The so-called "Journey Charm" () is one of the 12 Anglo-Saxon metrical charms written in Old English. It is a prayer written to summon protection from God and various other Christian figures from the hazards of the road. It is of particular interest as evidence for popular Anglo-Saxon Christian religion.

Content 
A Journey Charm was a Speech Act, or a performative incantation, chant or prayer that was performed before a journey to ward off evil on the journey. It mainly deals with a list of biblical characters, invoking their blessing, including everyone from Adam to Christ to Peter and Paul. The poem reflects the martial character of Anglo-Saxon Christian culture: Luke gives the journeyer a sword, Seraphim give him a "glorious spear of radiant good light", and he is well armed, with mail and shield too. The text gives us a unique insight into popular religious practices of Anglo-Saxon culture, and the particular rituals prescribed for journeys.

History 
The charm survives in only one manuscript: the eleventh-century Cambridge, Corpus Christi College MS 41, where it is written into the margins of pp. 350-53.
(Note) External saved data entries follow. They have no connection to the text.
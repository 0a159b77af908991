-- ===== src/Upstreams/Rotation.antt =====
-- The round-robin asks what failover would ask of the list turned to its starting position.
use ferrous_dns.Base.{
  ℕ, zero, suc, ◌+◌, ◌-◌, ◌*◌, ◌%◌, ◌<◌, Bool, true, ◌&&◌, inl, inr, some, List, [], ◌∷◌, ◌++◌,
  length, get_elem?, take, drop, ◌≡◌, refl, sym, ap, ◌∙◌, arith, dec_lt, length-take, length-drop,
  length-append,
}
use ferrous_dns.Base.Bits.{mod-mul_add}
use native.Mathlib.Nat.{mod-eq_of_lt, mod-lt}
use ferrous_dns.Upstreams.Errors.{is_servfail}
use ferrous_dns.Upstreams.Query.{QueryContext, World, query_server}
use ferrous_dns.Upstreams.Failover
use ferrous_dns.Upstreams.Balanced
use ferrous_dns.Upstreams.Sequence.{Result-cases, try_next-servers, try_next-replies}
use ferrous_dns.Upstreams.Sequence
use ferrous_dns.Upstreams.Replies.{replies, until_ok, first_ok}

module _ {ℓ} {A : Type ℓ} where
  get_elem?-append_left :
      (xs ys : List A) (i : ℕ) → i < length xs → get_elem? (xs ++ ys) i ≡ get_elem? xs i
  get_elem?-append_left [] ys i h = absurd (omega arith)
  get_elem?-append_left (x ∷ xs) ys zero h = refl
  get_elem?-append_left (x ∷ xs) ys (suc i) h = get_elem?-append_left xs ys i (omega arith)

  get_elem?-append_right :
      (xs ys : List A) (i : ℕ) → get_elem? (xs ++ ys) (length xs + i) ≡ get_elem? ys i
  get_elem?-append_right [] ys i = let e : 0 + i ≡ i = omega arith in rw e refl
  get_elem?-append_right (x ∷ xs) ys i =
      let e : suc (length xs) + i ≡ suc (length xs + i) = omega arith in
      rw e (get_elem?-append_right xs ys i)

  get_elem?-drop : (n i : ℕ) (xs : List A) → get_elem? (drop n xs) i ≡ get_elem? xs (n + i)
  get_elem?-drop zero i xs = let e : 0 + i ≡ i = omega arith in rw e refl
  get_elem?-drop (suc n) i [] = refl
  get_elem?-drop (suc n) i (x ∷ xs) =
      let e : suc n + i ≡ suc (n + i) = omega arith in rw e (get_elem?-drop n i xs)

  get_elem?-take : (n i : ℕ) (xs : List A) → i < n → get_elem? (take n xs) i ≡ get_elem? xs i
  get_elem?-take zero i xs h = absurd (omega arith)
  get_elem?-take (suc n) i [] h = refl
  get_elem?-take (suc n) zero (x ∷ xs) h = refl
  get_elem?-take (suc n) (suc i) (x ∷ xs) h = get_elem?-take n i xs (omega arith)

  -- The list from a position on, then the part before it.
  abbrev pub turned : ℕ → List A → List A
  turned n xs = drop n xs ++ take n xs

  length-turned : (n : ℕ) (xs : List A) → n < length xs → length (turned n xs) ≡ length xs
  length-turned n xs h =
      omega (arith, length-append (drop n xs) (take n xs), length-drop n xs, length-take n xs)

  get_elem?-turned :
      (n i : ℕ) (xs : List A)
      → n < length xs
      → i < length xs
      → get_elem? xs ((n + i) % length xs) ≡ get_elem? (turned n xs) i
  get_elem?-turned n i xs h k = elim (dec_lt (n + i) (length xs)) [
    | yes p ↦
        rw
          (
            mod-eq_of_lt p,
            get_elem?-append_left (drop n xs) (take n xs) i (omega (arith, length-drop n xs)),
          )
          (sym (get_elem?-drop n i xs))
    | no p ↦
        let j : ℕ = n + i - length xs in
        let wraps : n + i ≡ 1 * length xs + j = omega arith in
        let place : i ≡ length (drop n xs) + j = omega (arith, length-drop n xs) in
        ap (λ (t : ℕ). get_elem? xs (t % length xs)) wraps
        ∙ ap (get_elem? xs) (mod-mul_add 1 j (length xs) (omega arith))
        ∙ sym (get_elem?-take n j xs (omega arith))
        ∙ sym (get_elem?-append_right (drop n xs) (take n xs) j)
        ∙ ap (get_elem? (turned n xs)) (sym place)
  ]

module _ {K : Type 0} (same : Discrete K) (w : World K) where
  -- The rounds left ask the servers `left`, when the code's index finds them.
  try_from-try_next :
      (ctx : QueryContext K) (start : ℕ) (flag : Bool) (asked : List K) (i : ℕ) (left : List K)
      → ((j : ℕ)
          → j < length left
          → get_elem? ctx.servers ((start + (i + j)) % length ctx.servers) ≡ get_elem? left j)
      → Balanced.try_from same w ctx start flag asked i (length left)
        ≡ some (Failover.try_next same w ctx flag asked left)
  unfolding Balanced.try_from Failover.try_next
  try_from-try_next ctx start flag asked i [] h = refl
  try_from-try_next ctx start flag asked i (s ∷ left) h =
      let e : i + 0 ≡ i = omega arith in
      let here : get_elem? ctx.servers ((start + i) % length ctx.servers) ≡ some s =
        ap (λ (t : ℕ). get_elem? ctx.servers ((start + t) % length ctx.servers)) (sym e)
        ∙ h 0 (omega arith) in
      elim (Result-cases (query_server same w ctx asked s)) [
        | inl (r, p) ↦ rw (here, p, Balanced.try_from, Failover.try_next) refl
        | inr (d, p) ↦
            rw (here, p, Balanced.try_from, Failover.try_next)
              (try_from-try_next ctx start (flag && is_servfail d) (asked ++ s ∷ []) (i + 1) left
                later)
      ]
    where
      later :
          (j : ℕ)
          → j < length left
          → get_elem? ctx.servers ((start + (i + 1 + j)) % length ctx.servers) ≡ get_elem? left j
      later j k =
          let e : i + suc j ≡ i + 1 + j = omega arith in
          ap (λ (t : ℕ). get_elem? ctx.servers ((start + t) % length ctx.servers)) (sym e)
          ∙ h (suc j) (omega arith)

  query-try_from :
      (ctx : QueryContext K) (next : ℕ) (asked : List K)
      → 0 < length ctx.servers
      → Balanced.query same w ctx next asked ≡ (
        Balanced.try_from same w ctx (next % length ctx.servers) true asked 0 (length ctx.servers),
        Balanced.fetch_add next,
      )
  unfolding Balanced.query
  query-try_from ctx next asked h = go ctx.servers refl h
    where
      go :
          (l : List K)
          → ctx.servers ≡ l
          → 0 < length l
          → Balanced.query same w ctx next asked ≡ (
            Balanced.try_from same w ctx
                (next % length ctx.servers)
                true
                asked
                0
                (length ctx.servers),
            Balanced.fetch_add next,
          )
      go [] e k = absurd (omega arith)
      go (s ∷ l) e k = rw e refl

  query-try_next :
      (ctx : QueryContext K) (next : ℕ) (asked : List K)
      → 0 < length ctx.servers
      → Balanced.query same w ctx next asked ≡ (
        some (
            Failover.try_next same w ctx true asked
              (turned (next % length ctx.servers) ctx.servers)),
        Balanced.fetch_add next,
      )
  query-try_next ctx next asked h =
      query-try_from ctx next asked h
      ∙ ap (λ t. (t, Balanced.fetch_add next))
          (ap (Balanced.try_from same w ctx n true asked 0) (sym rounds)
            ∙ try_from-try_next ctx n true asked 0 (turned n ctx.servers) places)
    where
      n : ℕ
      n = next % length ctx.servers

      rounds : length (turned n ctx.servers) ≡ length ctx.servers
      rounds = length-turned n ctx.servers (mod-lt next h)

      places :
          (j : ℕ)
          → j < length (turned n ctx.servers)
          → get_elem? ctx.servers ((n + (0 + j)) % length ctx.servers)
            ≡ get_elem? (turned n ctx.servers) j
      places j k =
          let e : 0 + j ≡ j = omega arith in
          rw e (get_elem?-turned n j ctx.servers (mod-lt next h) (omega (arith, rounds, k)))

  pub query-replies :
      (ctx : QueryContext K) (next : ℕ) (asked : List K)
      → 0 < length ctx.servers
      → (Balanced.query same w ctx next asked).0 ≡ (
          let rs = replies same w ctx asked (turned (next % length ctx.servers) ctx.servers) in
          some (asked ++ until_ok rs, first_ok true rs))
  query-replies ctx next asked h = rw (query-try_next ctx next asked h) (
      ap some
        (try_next-replies same w ctx true asked (turned (next % length ctx.servers) ctx.servers)))

  -- With a server at least the round-robin neither panics nor runs out of rounds: it does what
  -- failover does with the servers from position `next % len` on, then those before it, so that it
  -- asks each server at most once; and it moves the counter on by one, modulo `2 ^ 64`.
  pub query-turned :
      (ctx : QueryContext K) (next : ℕ) (asked : List K)
      → 0 < length ctx.servers
      → Balanced.query same w ctx next asked ≡ (
        some (
            Failover.query same w
              (record ctx { servers = turned (next % length ctx.servers) ctx.servers })
              asked),
        Balanced.fetch_add next,
      )
  query-turned ctx next asked h =
      query-try_next ctx next asked h
      ∙ ap (λ t. (some t, Balanced.fetch_add next))
          (sym (try_next-servers same w ctx servers true asked servers)
            ∙ sym (Sequence.query-try_next same w (record ctx { servers = servers }) asked rounds))
    where
      servers : List K
      servers = turned (next % length ctx.servers) ctx.servers

      rounds : 0 < length servers
      rounds = omega (arith, length-turned _ ctx.servers (mod-lt next h), h)
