-- ===== src/Upstreams/Declined.antt =====
-- When a strategy's error says that every server answered SERVFAIL.
use ferrous_dns.Base.{
  ℕ, suc, ◌%◌, ◌≤◌, ◌<◌, Bool, true, false, ◌&&◌, leb, inl, inr, Option, none, some, List, [], ◌∷◌,
  length, map, ◌≡◌, refl, sym, ap, ◌∙◌, arith, Bool-cases,
}
use ferrous_dns.Upstreams.Errors.{DomainError, is_servfail}
use ferrous_dns.Upstreams.Query.{
  Result, ok, err, UpstreamResult, QueryContext, Exchange, World, Asked, attempt,
}
use ferrous_dns.Upstreams.Replies.{replies, every_servfail, first_ok}
use ferrous_dns.Upstreams.Parallel
use ferrous_dns.Upstreams.Strategy.{Strategy, parallel, balanced, failover, query_refs}
use ferrous_dns.Upstreams.Sequence.{Result-cases}
use ferrous_dns.Upstreams.Sequence
use ferrous_dns.Upstreams.Rotation.{turned}
use ferrous_dns.Upstreams.Rotation

-- The result is an error that reads as SERVFAIL.
abbrev pub declined : {A : Type 0} → Result A → Bool
declined (ok r) = false
declined (err e) = is_servfail e

and_false : (a b : Bool) → (a && (b && false)) ≡ false
and_false true true = refl
and_false true false = refl
and_false false b = refl

-- A pair that fails reads as SERVFAIL when both of its errors do.
pair_failure-declined :
    (a b : DomainError) → is_servfail (Parallel.pair_failure a b) ≡ (is_servfail a && is_servfail b)
unfolding Parallel.pair_failure is_servfail
pair_failure-declined a b = elim (Bool-cases (is_servfail a)) [
  | inl p ↦ elim (Bool-cases (is_servfail b)) [
    | inl q ↦ rw (p, q, Parallel.pair_failure) refl
    | inr q ↦ rw (p, q, Parallel.pair_failure) q
  ]
  | inr p ↦ elim (Bool-cases (is_servfail b)) [
    | inl q ↦ rw (p, q, Parallel.pair_failure) refl
    | inr q ↦ rw (p, q, Parallel.pair_failure) q
  ]
]

and_true : (a : Bool) → (a && true) ≡ a
and_true true = refl
and_true false = refl

length-map {ℓ} : {A B : Type ℓ} (f : A → B) (xs : List A) → length (map f xs) ≡ length xs
length-map f [] = refl
length-map f (x ∷ xs) = ap suc (length-map f xs)

and_assoc : (a b c : Bool) → ((a && b) && c) ≡ (a && (b && c))
and_assoc true b c = refl
and_assoc false b c = refl

module _ {K A : Type 0} where
  first_ok-declined :
      (flag : Bool) (rs : List (K × Result A))
      → declined (first_ok flag rs) ≡ (flag && every_servfail rs)
  unfolding is_servfail
  first_ok-declined true [] = refl
  first_ok-declined false [] = refl
  first_ok-declined true ((s, ok r) ∷ rs) = refl
  first_ok-declined false ((s, ok r) ∷ rs) = refl
  first_ok-declined flag ((s, err e) ∷ rs) =
      first_ok-declined (flag && is_servfail e) rs
      ∙ and_assoc flag (is_servfail e) (every_servfail rs)

module _ {K : Type 0} where
  abbrev pub declines : Option (Asked K UpstreamResult) → Bool
  declines none = false
  declines (some r) = declined r.1

module _ {K : Type 0} (same : Discrete K) (w : World K) where
  abbrev pub settle : QueryContext K → K × Exchange → K × Result UpstreamResult
  settle ctx s = (s.0, attempt same w ctx s.0 s.1)

  race-declined :
      (ctx : QueryContext K) (settled : List (K × Exchange))
      → length settled ≤ 2
      → declined (Parallel.race (λ s. attempt same w ctx s.0 s.1) settled)
        ≡ (leb 2 (length settled) && every_servfail (map (settle ctx) settled))
  unfolding Parallel.race is_servfail
  race-declined ctx [] h = refl
  race-declined ctx (s ∷ []) h = elim (Result-cases (attempt same w ctx s.0 s.1)) [
    | inl (r, e) ↦ rw (e, Parallel.race) refl
    | inr (d, e) ↦ rw (e, Parallel.race) refl
  ]
  race-declined ctx (s ∷ t ∷ []) h = elim (Result-cases (attempt same w ctx s.0 s.1)) [
    | inl (r, e) ↦ rw (e, Parallel.race) refl
    | inr (d, e) ↦ elim (Result-cases (attempt same w ctx t.0 t.1)) [
      | inl (r, f) ↦ rw (e, f, Parallel.race) (sym (and_false (is_servfail d) true))
      | inr (d', f) ↦
          rw (e, f, Parallel.race)
            (pair_failure-declined d d'
              ∙ ap (λ b. is_servfail d && b) (sym (and_true (is_servfail d'))))
    ]
  ]
  race-declined ctx (s ∷ t ∷ u ∷ settled) h = absurd (omega arith)

  first_success-declined :
      (ctx : QueryContext K) (label : List ℕ) (in_time flag : Bool) (settled : List (K × Exchange))
      → declined
          (Parallel.first_success (λ s. attempt same w ctx s.0 s.1) label in_time flag settled)
        ≡ (in_time && (flag && every_servfail (map (settle ctx) settled)))
  unfolding Parallel.first_success is_servfail
  first_success-declined ctx label in_time flag [] = ground arith
  first_success-declined ctx label in_time flag (s ∷ settled) =
      elim (Result-cases (attempt same w ctx s.0 s.1)) [
        | inl (r, e) ↦ rw (e, Parallel.first_success) (sym (and_false in_time flag))
        | inr (d, e) ↦
            rw (e, Parallel.first_success)
              (first_success-declined ctx label in_time (flag && is_servfail d) settled
                ∙ ap (λ t. in_time && t)
                    (and_assoc flag (is_servfail d) (every_servfail (map (settle ctx) settled))))
      ]

  -- The replies that a query waits for, if every server that it needs settles in time.
  abbrev pub heard : Strategy → QueryContext K → List K → List (K × Result UpstreamResult)
  heard parallel ctx asked = elim ctx.servers [
    | [] ↦ []
    | only ∷ rest ↦ elim rest [
      | [] ↦ replies same w ctx asked (only ∷ [])
      | _ ∷ _ ↦ map (settle ctx) (w.settled asked ctx.servers)
    ]
  ]
  heard (balanced next) ctx asked =
      replies same w ctx asked (turned (next % length ctx.servers) ctx.servers)
  heard failover ctx asked = replies same w ctx asked ctx.servers

  parallel-declined :
      (ctx : QueryContext K) (asked : List K)
      → 0 < length ctx.servers
      → length (w.settled asked ctx.servers) ≤ length ctx.servers
      → declined (Parallel.query same w ctx asked).1 ≡ (
          leb (length ctx.servers) (length (heard parallel ctx asked))
          && every_servfail (heard parallel ctx asked))
  unfolding Parallel.query replies is_servfail
  parallel-declined ctx asked h k = go ctx.servers refl h k
    where
      go :
          (l : List K)
          → ctx.servers ≡ l
          → 0 < length ctx.servers
          → length (w.settled asked ctx.servers) ≤ length ctx.servers
          → declined (Parallel.query same w ctx asked).1 ≡ (
              leb (length ctx.servers) (length (heard parallel ctx asked))
              && every_servfail (heard parallel ctx asked))
      go [] e h k = absurd (omega (arith, ap length e))
      go (only ∷ []) e h k =
          rw e
            (elim (Result-cases
              (attempt same w (record ctx { servers = only ∷ [] }) only (w.exchange asked only))) [
                | inl (r, f) ↦ rw f refl
                | inr (d, f) ↦ rw f (sym (and_true (is_servfail d)))
              ])
      go (s ∷ t ∷ []) e h k =
          let settled = w.settled asked (s ∷ t ∷ []) in
          rw e (
            rw (length-map (settle (record ctx { servers = s ∷ t ∷ [] })) settled)
              (race-declined (record ctx { servers = s ∷ t ∷ [] }) settled (rw e at k)))
      go (s ∷ t ∷ u ∷ l) e h k =
          let ctx' : QueryContext K = record ctx { servers = s ∷ t ∷ u ∷ l } in
          rw e (
            rw (length-map (settle ctx') (w.settled asked ctx'.servers))
              (first_success-declined ctx' _ _ true (w.settled asked ctx'.servers)))

  -- Of the replies that the query waits for: servers asked at once must all settle in time.
  abbrev pub is_complete : Strategy → QueryContext K → List K → Bool
  is_complete parallel ctx asked = leb (length ctx.servers) (length (heard parallel ctx asked))
  is_complete (balanced next) ctx asked = true
  is_complete failover ctx asked = true

  -- With a server at least, and no more of them settled than were asked at once, each strategy's
  -- error reads as SERVFAIL if and only if every server replied, and each reply was SERVFAIL.
  pub query_refs-declines :
      (strategy : Strategy) (ctx : QueryContext K) (asked : List K)
      → 0 < length ctx.servers
      → length (w.settled asked ctx.servers) ≤ length ctx.servers
      → declines (query_refs same w strategy ctx asked).0
        ≡ (is_complete strategy ctx asked && every_servfail (heard strategy ctx asked))
  unfolding query_refs
  query_refs-declines parallel ctx asked h k = parallel-declined ctx asked h k
  query_refs-declines (balanced next) ctx asked h k =
      rw (Rotation.query-replies same w ctx next asked h) (
        first_ok-declined true
          (replies same w ctx asked (turned (next % length ctx.servers) ctx.servers)))
  query_refs-declines failover ctx asked h k =
      rw (Sequence.query-replies same w ctx asked h)
        (first_ok-declined true (replies same w ctx asked ctx.servers))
This text is part of the movement from Oral Tradition to a Writing tradition, and so is marked as Transitional Literature- a type of go-between in which oral performances are copied, but some of the performance parts are lost, assumed to be inferred, or hinted at.

Facsimiles and Editions
 The manuscript is available in digital facsimile at https://web.archive.org/web/20161018210819/https://parker.stanford.edu/parker/actions/page_turner.do?ms_no=41.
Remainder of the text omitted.